◆ BRIEF ◆
For this exercise, repeat the listing below from its first line through the line containing "get_elem?-pile [] rest", exactly as written.

◆ SUPPLIED MATERIAL ◆
--------

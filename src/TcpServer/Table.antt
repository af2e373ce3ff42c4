-- ===== src/TcpServer/Table.antt =====
-- The table of racey-tcp-server.c as a stack: what `client_fds` and `client_idx` stand for, and
-- what the accesses to them do to it.
use mathlib.Core.Option
use mathlib.Core.Path.{subst}
use racey_suite.Prelude.{
  ℕ, zero, suc, ◌+◌, ◌≤◌, ◌<◌, ◌≡◌, refl, ℤ, pos, negsuc, Option, none, some, List, [], ◌∷◌, length,
  get_elem?, set?, arith, All, replicate, ◌-◌, ◌∙◌, ap, sym,
}
use racey_suite.TcpServer.{up, down, fd_at, put_at, worker_num}

-- The entries of a stack, the last one first, in front of what is left of the array.
abbrev pub pile : List ℤ → List ℤ → List ℤ
pile [] rest = rest
pile (fd ∷ stack) rest = pile stack (fd ∷ rest)

length-pile : (stack rest : List ℤ) → length (pile stack rest) ≡ length stack + length rest
length-pile [] rest = omega arith
length-pile (fd ∷ stack) rest = omega (arith, length-pile stack (fd ∷ rest))

get_elem?-pile :
    (stack rest : List ℤ) (k : ℕ)
    → get_elem? (pile stack rest) (length stack + k) ≡ get_elem? rest k
get_elem?-pile [] rest k = ap (get_elem? rest) (omega arith)
get_elem?-pile (fd ∷ stack) rest k =
    ap (get_elem? (pile stack (fd ∷ rest))) (omega arith) ∙ get_elem?-pile stack (fd ∷ rest) (suc k)

map-map :
    (f g : List ℤ → List ℤ) (o : Option (List ℤ))
    → Option.map f (Option.map g o) ≡ Option.map (λ x. f (g x)) o
map-map f g none = refl
map-map f g (some x) = refl

map-id : (o : Option (List ℤ)) → Option.map (λ x. x) o ≡ o
map-id none = refl
map-id (some x) = refl

set?-pile :
    (stack rest : List ℤ) (k : ℕ) (v : ℤ)
    → set? (pile stack rest) (length stack + k) v ≡ Option.map (pile stack) (set? rest k v)
set?-pile [] rest k v = ap (λ i. set? rest i v) (omega arith) ∙ sym (map-id (set? rest k v))
set?-pile (fd ∷ stack) rest k v =
    ap (λ i. set? (pile stack (fd ∷ rest)) i v) (omega arith)
    ∙ set?-pile stack (fd ∷ rest) (suc k) v
    ∙ map-map (pile stack) (λ xs. fd ∷ xs) (set? rest k v)

-- The index below a number of entries.
abbrev pub index_of : ℕ → ℤ
index_of zero = negsuc 0
index_of (suc n) = pos n

index_of-suc : (m n : ℕ) → m ≡ suc n → index_of m ≡ pos n
index_of-suc m n e = ap index_of e

up-index_of : (n : ℕ) → up (index_of (n + 0)) ≡ index_of (n + 1)
up-index_of zero = refl
up-index_of (suc n) =
    let before : suc n + 0 ≡ suc n = omega arith in
    let after : suc n + 1 ≡ suc (suc n) = omega arith in rw (before, after) refl

down-index_of : (n : ℕ) → down (index_of (n + 1)) ≡ index_of (n + 0)
down-index_of zero = refl
down-index_of (suc n) =
    let before : suc n + 1 ≡ suc (suc n) = omega arith in
    let after : suc n + 0 ≡ suc n = omega arith in rw (before, after) refl

-- `client_fds` holds a stack; `client_idx` is the index of its last entry, or one more while an
-- entry is moved.
pub record Table (fds : List ℤ) (idx : ℤ) (lift : ℕ) (stack : List ℤ) : Type 0 where
  pub rest : List ℤ
  pub shape : fds ≡ pile stack rest
  -- behind the stack, every entry is -1
  pub blank : All (λ fd. fd ≡ negsuc 0) rest
  pub size : length fds ≡ worker_num
  pub index : idx ≡ index_of (length stack + lift)

module _ {fds : List ℤ} {idx : ℤ} where
  pub Table-length :
      {lift : ℕ} {stack : List ℤ} → Table fds idx lift stack → length stack ≤ worker_num
  Table-length {stack = stack} t =
      omega (arith, t.size, ap length t.shape, length-pile stack t.rest)

  -- The index of the last entry, and that behind it.
  top_index :
      {fd : ℤ} {stack : List ℤ} → Table fds idx 0 (fd ∷ stack) → idx ≡ pos (length stack + 0)
  top_index {stack = stack} t =
      t.index ∙ index_of-suc (suc (length stack) + 0) (length stack + 0) (omega arith)

  pub next_index : {stack : List ℤ} → Table fds idx 1 stack → idx ≡ pos (length stack + 0)
  next_index {stack} t = t.index ∙ index_of-suc (length stack + 1) (length stack + 0) (omega arith)

  pub Table-fd_at :
      {fd : ℤ} {stack : List ℤ} → Table fds idx 0 (fd ∷ stack) → fd_at fds idx ≡ some fd
  Table-fd_at {fd} {stack} t = rw (top_index t, t.shape) (get_elem?-pile stack (fd ∷ t.rest) 0)

  pub Table-fd_at-none : Table fds idx 0 [] → fd_at fds idx ≡ none
  Table-fd_at-none t = rw t.index refl

  -- The index goes up in front of a new entry, and down behind a cleared one.
  pub Table-up : {stack : List ℤ} → Table fds idx 0 stack → Table fds (up idx) 1 stack
  Table-up {stack} t = record {
    rest = t.rest;
    shape = t.shape;
    blank = t.blank;
    size = t.size;
    index = ap up t.index ∙ up-index_of (length stack);
  }

  pub Table-down : {stack : List ℤ} → Table fds idx 1 stack → Table fds (down idx) 0 stack
  Table-down {stack} t = record {
    rest = t.rest;
    shape = t.shape;
    blank = t.blank;
    size = t.size;
    index = ap down t.index ∙ down-index_of (length stack);
  }

  -- The last entry is cleared.
  pub Table-clear :
      {fd : ℤ} {stack : List ℤ}
      → Table fds idx 0 (fd ∷ stack)
      → (after : List ℤ) × (put_at fds idx (negsuc 0) ≡ some after) × Table after idx 1 stack
  Table-clear {fd} {stack} t = (
    pile stack (negsuc 0 ∷ t.rest),
    rw (top_index t, t.shape) (set?-pile stack (fd ∷ t.rest) 0 (negsuc 0)),
    record {
      rest = negsuc 0 ∷ t.rest;
      shape = refl;
      blank = (refl, t.blank);
      size = omega (
        arith,
        t.size,
        ap length t.shape,
        length-pile stack (negsuc 0 ∷ t.rest),
        length-pile stack (fd ∷ t.rest),
      );
      index = top_index t ∙ sym (index_of-suc (length stack + 1) (length stack + 0) (omega arith));
    },
  )

  -- An entry is added to a stack that leaves room for it.
  pub Table-place :
      {stack : List ℤ} (v : ℤ)
      → Table fds idx 1 stack
      → length stack < worker_num
      → (after : List ℤ) × (put_at fds idx v ≡ some after) × Table after idx 0 (v ∷ stack)
  Table-place {stack} v t h = place t.rest refl
    where
      place :
          (rest : List ℤ)
          → t.rest ≡ rest
          → (after : List ℤ) × (put_at fds idx v ≡ some after) × Table after idx 0 (v ∷ stack)
      place [] e =
          absurd (omega (arith, t.size, ap length t.shape, length-pile stack t.rest, ap length e))
      place (x ∷ rest) e = (
        pile stack (v ∷ rest),
        rw (next_index t, t.shape, e) (set?-pile stack (x ∷ rest) 0 v),
        record {
          rest = rest;
          shape = refl;
          blank = (subst (All (λ x. x ≡ negsuc 0)) e t.blank).1;
          size = omega (
            arith,
            t.size,
            ap length (t.shape ∙ ap (pile stack) e),
            length-pile stack (v ∷ rest),
            length-pile stack (x ∷ rest),
          );
          index =
              next_index t
              ∙ sym (index_of-suc (suc (length stack) + 0) (length stack + 0) (omega arith));
        },
      )

  -- There is no room behind the tenth.
  pub Table-place_none :
      {stack : List ℤ} (v : ℤ)
      → Table fds idx 1 stack
      → length stack ≡ worker_num
      → put_at fds idx v ≡ none
  Table-place_none {stack} v t h = place t.rest refl
    where
      place : (rest : List ℤ) → t.rest ≡ rest → put_at fds idx v ≡ none
      place [] e = rw (next_index t, t.shape, e) (set?-pile stack [] 0 v)
      place (x ∷ rest) e =
          absurd (omega (arith, t.size, ap length t.shape, length-pile stack t.rest, ap length e))

blank-eq-replicate :
    (rest : List ℤ) (n : ℕ)
    → All (λ fd. fd ≡ negsuc 0) rest
    → length rest ≡ n
    → rest ≡ replicate n (negsuc 0)
blank-eq-replicate [] zero all size = refl
blank-eq-replicate [] (suc n) all size = absurd (omega arith)
blank-eq-replicate (fd ∷ rest) zero all size = absurd (omega (arith, size))
blank-eq-replicate (fd ∷ rest) (suc n) (is, all) size =
    rw (is, blank-eq-replicate rest n all (omega (arith, size))) refl

-- The whole array is given by the stack.
pub Table-array :
    {fds : List ℤ} {idx : ℤ} {stack : List ℤ}
    → Table fds idx 0 stack
    → (fds ≡ pile stack (replicate (worker_num - length stack) (negsuc 0)))
      × (idx ≡ index_of (length stack))
Table-array {stack = stack} t =
    let left : length t.rest ≡ worker_num - length stack =
      omega (arith, t.size, ap length t.shape, length-pile stack t.rest) in
    (
      t.shape ∙ ap (pile stack) (blank-eq-replicate t.rest _ t.blank left),
      t.index ∙ ap index_of (omega arith),
    )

--------

◆ EXERCISE ANSWER ◆
filename src/TcpServer/Table.antt
repository af2e373ce3ff42c4
-- ===== src/TcpServer/Table.antt =====
-- The table of racey-tcp-server.c as a stack: what `client_fds` and `client_idx` stand for, and
-- what the accesses to them do to it.
use mathlib.Core.Option
use mathlib.Core.Path.{subst}
use racey_suite.Prelude.{
  ℕ, zero, suc, ◌+◌, ◌≤◌, ◌<◌, ◌≡◌, refl, ℤ, pos, negsuc, Option, none, some, List, [], ◌∷◌, length,
  get_elem?, set?, arith, All, replicate, ◌-◌, ◌∙◌, ap, sym,
}
use racey_suite.TcpServer.{up, down, fd_at, put_at, worker_num}

-- The entries of a stack, the last one first, in front of what is left of the array.
abbrev pub pile : List ℤ → List ℤ → List ℤ
pile [] rest = rest
pile (fd ∷ stack) rest = pile stack (fd ∷ rest)

length-pile : (stack rest : List ℤ) → length (pile stack rest) ≡ length stack + length rest
length-pile [] rest = omega arith
length-pile (fd ∷ stack) rest = omega (arith, length-pile stack (fd ∷ rest))

get_elem?-pile :
    (stack rest : List ℤ) (k : ℕ)
    → get_elem? (pile stack rest) (length stack + k) ≡ get_elem? rest k
get_elem?-pile [] rest k = ap (get_elem? rest) (omega arith)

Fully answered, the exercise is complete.